Skyworthの隣に位置していたHisenseも、こうした現地ブランドを活用する戦略こそないものの、以前に比べると展示の中国色が薄くなり、内容的には技術展示を中心とした日本や韓国メーカーのそれに近くなっている。またHisenseブースの隣には「Sharp」ブースが位置していたのも気になる点だ。シャープはすでに欧州市場から撤退して、ポーランドにあった組み立て工場と同地域での「Sharp」ブランド使用権をスロバキアのUniversal Media Corporation(UMC)に譲渡している。現在も製品開発での技術協力は行っているとのことで、展示製品にも「AQUOS」のロゴが見られる。このほか、シャープは南北アメリカからの事業撤退にあたって同地域でのブランド使用権やメキシコでの組み立て工場をHisenseに譲渡することを今年7月に発表している。欧州事業ということでHisenseとシャープが直接リンクしていることはないとみられるが、両社が隣り合ったブースで展示を行っているというのも興味深い。
中国の家電メーカー大手ではこのほかHaierがIFAに出展していたが、場所も白物家電のコーナーの一角に位置しており、展示内容も実際に白物家電が中心でテレビの扱いは少なめだった。だが4KのOLED TVや98型8Kテレビ、狭額デザインの薄型テレビなど、他のブースでも見られた製品や技術展示は一通り行われていた。
このほか、トルコの家電メーカーで欧州やアジア市場では比較的シェアの大きいVestelもOLEDをはじめとする関連製品や技術展示を行っていた。VestelはTVから白物家電まで一通り扱っているメーカーだが、今回は特にBtoB関連の技術展示スペースが増えており、サイネージ向けパネルの紹介が行われていた。
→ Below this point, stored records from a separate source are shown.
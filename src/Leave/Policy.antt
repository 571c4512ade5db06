-- ===== src/Leave/Policy.antt =====
-- The annual leave policy of src/modules/leave/annual-leave.policy.ts: years of service, the
-- entitlement of a leave year, its period and its expiry. Days of leave are counted in hundredths.
pub mod Service
pub mod Entitlement
use workforce_app_backend.Common.{
  ℕ, ◌+◌, ◌-◌, ◌*◌, ◌/◌, min, Bool, ◌||◌, ltb, leb, not, if◌then◌else◌,
}
use workforce_app_backend.Calendar.{
  Date, date, month_length, day_number, before, next_day, previous_day,
}

abbrev pub base_annual_days : ℕ
base_annual_days = 16

abbrev pub days_per_service_month : ℕ
days_per_service_month = 26

abbrev pub max_carry_years : ℕ
max_carry_years = 2

-- Days of leave from a quotient, `round2(a / b)`, in hundredths.
abbrev pub round2_quotient : ℕ → ℕ → ℕ
round2_quotient a b = (200 * a + b) / (2 * b)

unfoldable pub add_calendar_years : Date → ℕ → Date
add_calendar_years d years =
    let year = d.year + years in date year d.month (min d.day (month_length year d.month))

-- `utcDayDiff`, 0 where the difference is negative: its one caller treats `days <= 0` alike.
unfoldable pub utc_day_diff : Date → Date → ℕ
utc_day_diff from to = day_number to - day_number from

unfoldable pub completed_years_of_service : Date → Date → ℕ
completed_years_of_service hire as_of =
    if before as_of hire
    then 0
    else let years = as_of.year - hire.year in
      if before as_of (add_calendar_years hire years) then years - 1 else years

unfoldable pub service_months : Date → Date → ℕ
unfolding utc_day_diff
service_months hire as_of =
    let days = utc_day_diff hire as_of in if leb days 0 then 0 else days / days_per_service_month

unfoldable pub pro_rata_leave : Date → Date → ℕ
unfolding service_months
pro_rata_leave hire as_of =
    round2_quotient (base_annual_days * min 12 (service_months hire as_of)) 12

unfoldable pub annual_entitlement : ℕ → Date → Date → Date → ℕ
annual_entitlement completed_years_at_start hire as_of period_end =
    if ltb completed_years_at_start 1
    then if not (before as_of (next_day period_end))
        || leb 1 (completed_years_of_service hire as_of)
      then 100 * base_annual_days
      else pro_rata_leave hire as_of
    else 100 * (base_annual_days + (completed_years_at_start - 1) / 2)

pub record Period : Type 0 where
  pub start : Date
  pub stop : Date

unfoldable pub leave_year_period : Date → ℕ → Period
leave_year_period hire completed_years_at_start = record {
  start = add_calendar_years hire completed_years_at_start;
  stop = previous_day (add_calendar_years hire (completed_years_at_start + 1));
}

unfoldable pub expires_on : Date → Date
expires_on period_start = add_calendar_years period_start (1 + max_carry_years)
このあたりはSamsungと同様の傾向で、家電の次はBtoB事業を本格強化していこうという現れなのかもしれない。中国メーカーが欧州で現地ブランドを活用して家電市場でのシェアを売上を伸ばしていこうとしているなか、欧州ですでに一定のシェアを持つ既存メーカーらはBtoBなどの新規事業開拓に力を入れているなど、非常に対照的な動きといえるかもしれない。